No good reason for existing;  originally just more efficient to evaluate (didn't trust query optimizer to notice that two comparison predicates on a single (col >= c1 and col <= c2), possibly separated by other predicates, implied a range between).

 

 

Quantified Predicate.

 

    expr  q[some | all | any] (subquery) [Don't use "any": deprecated!]

 

Seen before.  Only tricky part is that expr: qall (subquery) is TRUE if sub­query is empty, and expr qsome (subquery) (equivalently qany (subquery)) is FALSE if subquery is empty.

 

Idea is that qall is TRUE if there is no COUNTER-EXAMPLE, but for qsome to be true, need at least one EXAMPLE.

 

Ex. 3.9.3.  Retrieve maximum discount of all customers.

 

    select discnt from customers c where discnt >=all

         (select discnt from customers d where d.cid <> c.cid);

 

Never mind if you'd do it that way.  It's valid in most cases.  But if there were only a single customer discnt?  Empty set.  Yes, still OK.  But only if >=all is TRUE for empty set in subquery, so that's why we need this rule!

 

Note too, if used <some instead of >=all, the reverse of the above, it would come out FALSE for single (maximum) customer discnt; reverse of above.

 

Skip In predicate (identical to =any), Exists predicate.

 

Is null Predicate:     columname is [not] null

 

NOT valid to say:  columname = null or <> null.  SQL won't get it.

 

Like predicate: columname [not] like 'pattern'

 

Build up patterns using normal characters and wildcards.  Like UNIX file wildcards:   ls  *.c  (* stands for any string).

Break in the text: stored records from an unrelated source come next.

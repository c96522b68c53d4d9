-- ===== src/Enroll/Handler/Certified.antt =====
-- What a certificate that Enroll answers stands for.
use f1337_mcp.Enroll.Service.Hosts.{ips_of-All, dns_of-All, sort_texts-All, IsHostIp, san_hosts-All}
use f1337_mcp.Prelude.{
  Has, ℕ, ◌<◌, ◌≡◌, refl, ap, ◌∙◌, inl, inr, Bool, true, false, Option, none, some, List, [], arith,
  Bool-cases, All, Text, eq_text, eq_text_refl,
}
use f1337_mcp.Enroll.RateLimit.{RateLimiter, allow}
use f1337_mcp.Enroll.Token.{TokenError, Result, ok, err, TokenRecord}
use f1337_mcp.Enroll.Store.{inspect, redeem, TokenStore}
use f1337_mcp.Enroll.Service.{
  no_name_free, fleet_failed, uncertifiable, ips_of, not_redeemed, dns_of, enrolled_sandbox,
  san_set, certifiable, is_loopback_ip, san_hosts, host_of, max_name_attempts,
  check_requested_addresses, certified_name, Request, Packages, candidate_name, FleetPorts,
  Reserved, assigned,
}
use f1337_mcp.Enroll.Handler.{
  finish_enroll, enroll_checked, enroll_inspected, enroll_allowed, enroll, World, Answer, enrolled,
  reject_token, reserve, signed, leaf_for, after_reserve, sign_csr, reserving, name_for,
  check_request, Moment, Leaf,
}
use f1337_mcp.Enroll.Handler.Assigned.{reserve_from-Names}

module _ {F : Type 0} (p : Packages) (digest encode : Text → Text) (ports : FleetPorts F)
    (create : Leaf → Bool) (req : Request) (m : Moment) where
  -- What a leaf for a token may stand for: the assigned name if the token reserves one, a host of the addresses that the
  -- token authorizes, or a loopback address that the request names.
  pub data MayStandFor (rec : TokenRecord) (name h : Text) : Type 0 where
    own_name : eq_text rec.name [] ≡ false → h ≡ name → MayStandFor rec name h
    by_token : (addr : Text) → Has rec.addresses addr → h ≡ host_of p addr → MayStandFor rec name h
    loopback :
        (addr : Text)
        → Has req.listen_addresses addr
        → h ≡ host_of p addr
        → is_loopback_ip p (p.parse_ip h) ≡ true
        → MayStandFor rec name h

  abbrev pub IsCertifiedDns : TokenRecord → Text → Text → Type 0
  IsCertifiedDns rec name h = MayStandFor rec name h × (p.parse_ip h ≡ none)

  pub record IsCertified (rec : TokenRecord) (name : Text) (leaf : Leaf) : Type 0 where
    pub round : ℕ
    pub early : round < max_name_attempts
    pub is_candidate : name ≡ candidate_name (name_for p digest encode ports create rec req) round
    pub for_request : leaf.csr_der ≡ req.csr_der
    pub good_request : p.check_csr req.csr_der ≡ true
    pub subject : leaf.subject ≡ certified_name rec.name name
    pub dns : All (λ h. IsCertifiedDns rec name h) leaf.dns_names
    pub ips : All (IsHostIp p (MayStandFor rec name)) leaf.ip_addresses
    pub good_names : certifiable p (leaf.dns_names, leaf.ip_addresses) ≡ true

  check_request-some :
      (rec : TokenRecord) {extra : List Text}
      → check_request p digest encode ports create rec req ≡ some extra
      → (p.check_csr req.csr_der ≡ true)
        × (check_requested_addresses p rec.name rec.addresses req.listen_addresses ≡ some extra)
  unfolding check_request
  check_request-some rec h = ground arith

  certified_name-MayStandFor :
      (rec : TokenRecord) (name : Text)
      → eq_text (certified_name rec.name name) [] ≡ false
      → MayStandFor rec name (certified_name rec.name name)
  unfolding certified_name
  certified_name-MayStandFor rec name h = elim (Bool-cases (eq_text rec.name [])) [
    | inl unreserved ↦ absurd (cc (rw (unreserved, eq_text_refl []) at h))
    | inr reserved ↦ rw reserved (own_name reserved refl)
  ]

  leaf_for-hosts :
      (rec : TokenRecord) (name : Text) {extra : List Text}
      → check_requested_addresses p rec.name rec.addresses req.listen_addresses ≡ some extra
      → All (MayStandFor rec name) (san_hosts p (certified_name rec.name name) rec.addresses extra)
  leaf_for-hosts rec name e =
      san_hosts-All p (MayStandFor rec name) (certified_name rec.name name) rec.addresses
        req.listen_addresses (certified_name-MayStandFor rec name) (λ addr h. by_token addr h refl)
        (λ addr h l. loopback addr h refl l) rec.name e

  leaf_for-IsCertified :
      (rec : TokenRecord) (name : Text) (extra : List Text) (i : ℕ)
      → check_request p digest encode ports create rec req ≡ some extra
      → i < max_name_attempts
      → name ≡ candidate_name (name_for p digest encode ports create rec req) i
      → certifiable p (san_set p (certified_name rec.name name) rec.addresses extra) ≡ true
      → IsCertified rec name (leaf_for p digest encode ports create rec req extra name)
  unfolding leaf_for san_set
  leaf_for-IsCertified rec name extra i e lt is_name good =
      let (csr, checked) = check_request-some rec e in
      let hosts = san_hosts p (certified_name rec.name name) rec.addresses extra in
      let fine = leaf_for-hosts rec name checked in
      record {
        round = i;
        early = lt;
        is_candidate = is_name;
        for_request = refl;
        good_request = csr;
        subject = refl;
        dns =
            sort_texts-All (λ h. IsCertifiedDns rec name h) (dns_of p hosts)
              (dns_of-All p (MayStandFor rec name) hosts fine);
        ips =
            sort_texts-All (IsHostIp p (MayStandFor rec name)) (ips_of p hosts)
              (ips_of-All p (MayStandFor rec name) hosts fine);
        good_names = good;
      }

  reserving-Names :
      (rec : TokenRecord) (extra : List Text) (tokens : TokenStore) (fleet : F) (name : Text)
      → (reserving p digest encode ports create rec req extra m tokens fleet).0 ≡ assigned name
      → (i : ℕ) × (i < max_name_attempts)
        × (name ≡ candidate_name (name_for p digest encode ports create rec req) i)
        × (certifiable p (san_set p (certified_name rec.name name) rec.addresses extra) ≡ true)
  unfolding reserving reserve enrolled_sandbox
  reserving-Names rec extra tokens fleet name h =
      reserve_from-Names ports (λ name. enrolled_sandbox p rec req name)
        (λ name. certifiable p (san_set p (certified_name rec.name name) rec.addresses extra))
        (λ s. redeem digest encode req.token m.redeem_clock m.redeem_disk s)
        (name_for p digest encode ports create rec req) (λ n. refl) max_name_attempts 0 false tokens
        fleet name h

  -- Once a request has passed the checks and a name is reserved, the checks of SignCSR pass for
  -- the leaf: signing fails only if the creation of the certificate does.
  pub reserving-sign_csr :
      (rec : TokenRecord) (extra : List Text) (tokens : TokenStore) (fleet : F) (name : Text)
      → check_request p digest encode ports create rec req ≡ some extra
      → (reserving p digest encode ports create rec req extra m tokens fleet).0 ≡ assigned name
      → sign_csr p digest encode ports create
          (leaf_for p digest encode ports create rec req extra name)
        ≡ create (leaf_for p digest encode ports create rec req extra name)
  unfolding sign_csr
  reserving-sign_csr rec extra tokens fleet name e h =
      let (i, lt, is_name, good) = reserving-Names rec extra tokens fleet name h in
      let c = leaf_for-IsCertified rec name extra i e lt is_name good in
      rw (ap p.check_csr c.for_request ∙ c.good_request, c.good_names) refl

  enrolled-injective :
      (a b : Text) (x y : Leaf) → Answer.enrolled a x ≡ Answer.enrolled b y → (a ≡ b) × (x ≡ y)
  enrolled-injective a b x y h = (cc, cc)

  -- An answer other than a refusal signs the leaf of an assigned name.
  pub after_reserve-enrolled :
      (rec : TokenRecord) (extra : List Text) (r : Reserved) {name : Text} {leaf : Leaf}
      → after_reserve p digest encode ports create rec req extra r ≡ enrolled name leaf
      → (r ≡ assigned name) × (leaf ≡ leaf_for p digest encode ports create rec req extra name)
  unfolding after_reserve signed reject_token
  after_reserve-enrolled rec extra (assigned n) h = ground arith
  after_reserve-enrolled rec extra uncertifiable h = absurd (cc)
  after_reserve-enrolled rec extra (not_redeemed e) h = ground arith
  after_reserve-enrolled rec extra fleet_failed h = absurd (cc)
  after_reserve-enrolled rec extra no_name_free h = absurd (cc)

  -- The answer certifies a name for the record of the token.
  abbrev pub Certifies : World F → Answer → Type 0
  Certifies w a =
      (name : Text) (leaf : Leaf)
      → a ≡ enrolled name leaf
      → (rec : TokenRecord) × ((inspect digest encode req.token m.inspect_clock m.inspect_disk
            w.tokens).0
          ≡ ok rec)
        × IsCertified rec name leaf

  enroll_checked-Certifies :
      (w : World F) (limiter : RateLimiter) (rec : TokenRecord) (tokens : TokenStore)
      (c : Option (List Text))
      → (inspect digest encode req.token m.inspect_clock m.inspect_disk w.tokens).0 ≡ ok rec
      → check_request p digest encode ports create rec req ≡ c
      → Certifies w
          (enroll_checked p digest encode ports create rec req m limiter tokens w.fleet c).0
  unfolding enroll_checked finish_enroll
  enroll_checked-Certifies w limiter rec tokens none q k name leaf h = absurd (cc)
  enroll_checked-Certifies w limiter rec tokens (some extra) q k name leaf h =
      let o = reserving p digest encode ports create rec req extra m tokens w.fleet in
      let (is_assigned, is_leaf) = after_reserve-enrolled rec extra o.0 h in
      let (i, lt, is_name, good) = reserving-Names rec extra tokens w.fleet name is_assigned in
      (rec, q, rw is_leaf (leaf_for-IsCertified rec name extra i k lt is_name good))

  pub reject_token-refuses :
      (e : TokenError) (name : Text) (leaf : Leaf) → ¬ (reject_token e ≡ enrolled name leaf)
  unfolding reject_token
  reject_token-refuses e name leaf h = ground arith

  enroll_inspected-Certifies :
      (w : World F) (limiter : RateLimiter) (r : Result TokenRecord × TokenStore)
      → inspect digest encode req.token m.inspect_clock m.inspect_disk w.tokens ≡ r
      → Certifies w (enroll_inspected p digest encode ports create req m limiter w.fleet r).0
  unfolding enroll_inspected
  enroll_inspected-Certifies w limiter (err e, s) q name leaf h =
      absurd (reject_token-refuses e name leaf h)
  enroll_inspected-Certifies w limiter (ok rec, s) q name leaf h =
      enroll_checked-Certifies w limiter rec s (check_request p digest encode ports create rec req)
        (ap (λ (t : Result TokenRecord × TokenStore). t.0) q) refl name leaf h

  enroll_allowed-Certifies :
      (w : World F) (l : Bool × RateLimiter)
      → Certifies w (enroll_allowed p digest encode ports create req m w l).0
  unfolding enroll_allowed
  enroll_allowed-Certifies w (false, limiter) name leaf h = absurd (cc)
  enroll_allowed-Certifies w (true, limiter) name leaf h =
      enroll_inspected-Certifies w limiter
        (inspect digest encode req.token m.inspect_clock m.inspect_disk w.tokens) refl name leaf h

  -- A certificate that Enroll answers is for the request, and the name is one of 64 candidates
  -- from the name that the token reserves, or that is asked for where it reserves none. Its
  -- subject is that name only if the token reserves one, and each of its names and addresses is
  -- that name, a host the token authorizes or a loopback address in the request, and together
  -- they pass CheckSANs.
  pub enroll-IsCertified :
      (w : World F) (name : Text) (leaf : Leaf)
      → (enroll p digest encode ports create req m w).0 ≡ enrolled name leaf
      → (rec : TokenRecord) × ((inspect digest encode req.token m.inspect_clock m.inspect_disk
            w.tokens).0
          ≡ ok rec)
        × IsCertified rec name leaf
  unfolding enroll
  enroll-IsCertified w = enroll_allowed-Certifies w (allow m.peer m.now w.limiter)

In DOS, “dir *.java” works similarly.

 

    Underscore (_)                 any single character

    Percent (%)                       zero or more characters of any form

    All other chars                  represent themselves

 

e.g.:  select * from customers c where city like 'N_w%k';

 

'New York' and 'Newark' are selected, but not 'Nome' or 'Novow Sibirsk'.

 

To search for strings that contain % or _, we can use the longer form of LIKE:

 

Long-form Like predicate: columname [not] like 'pattern' escape ‘escape-char’

 

Older forms, predating the ESCAPE clause:

 

In Oracle, if use % or _ twice in a row, it means REALLY '%' or "_'.  Thus,

 

    select * from customers where city like 'New_ _%';

 

Will retrieve New_Rochelle, or New_Caledonia, but not New York.

 

From Oracle 10.1 SQL manual:

You can include the actual characters % or _ in the pattern by using the ESCAPE clause, which identifies the escape character. If the escape character precedes the character % or _ in the pattern, then Oracle interprets this character literally in the pattern rather than as a special pattern-matching character. You can also search for the escape character itself by repeating it. For example, if @ is the escape character, then you can use @@ to search for @.

In DB2, '+%' means REALLY the character %.  To type REALLY + , need to type '++'.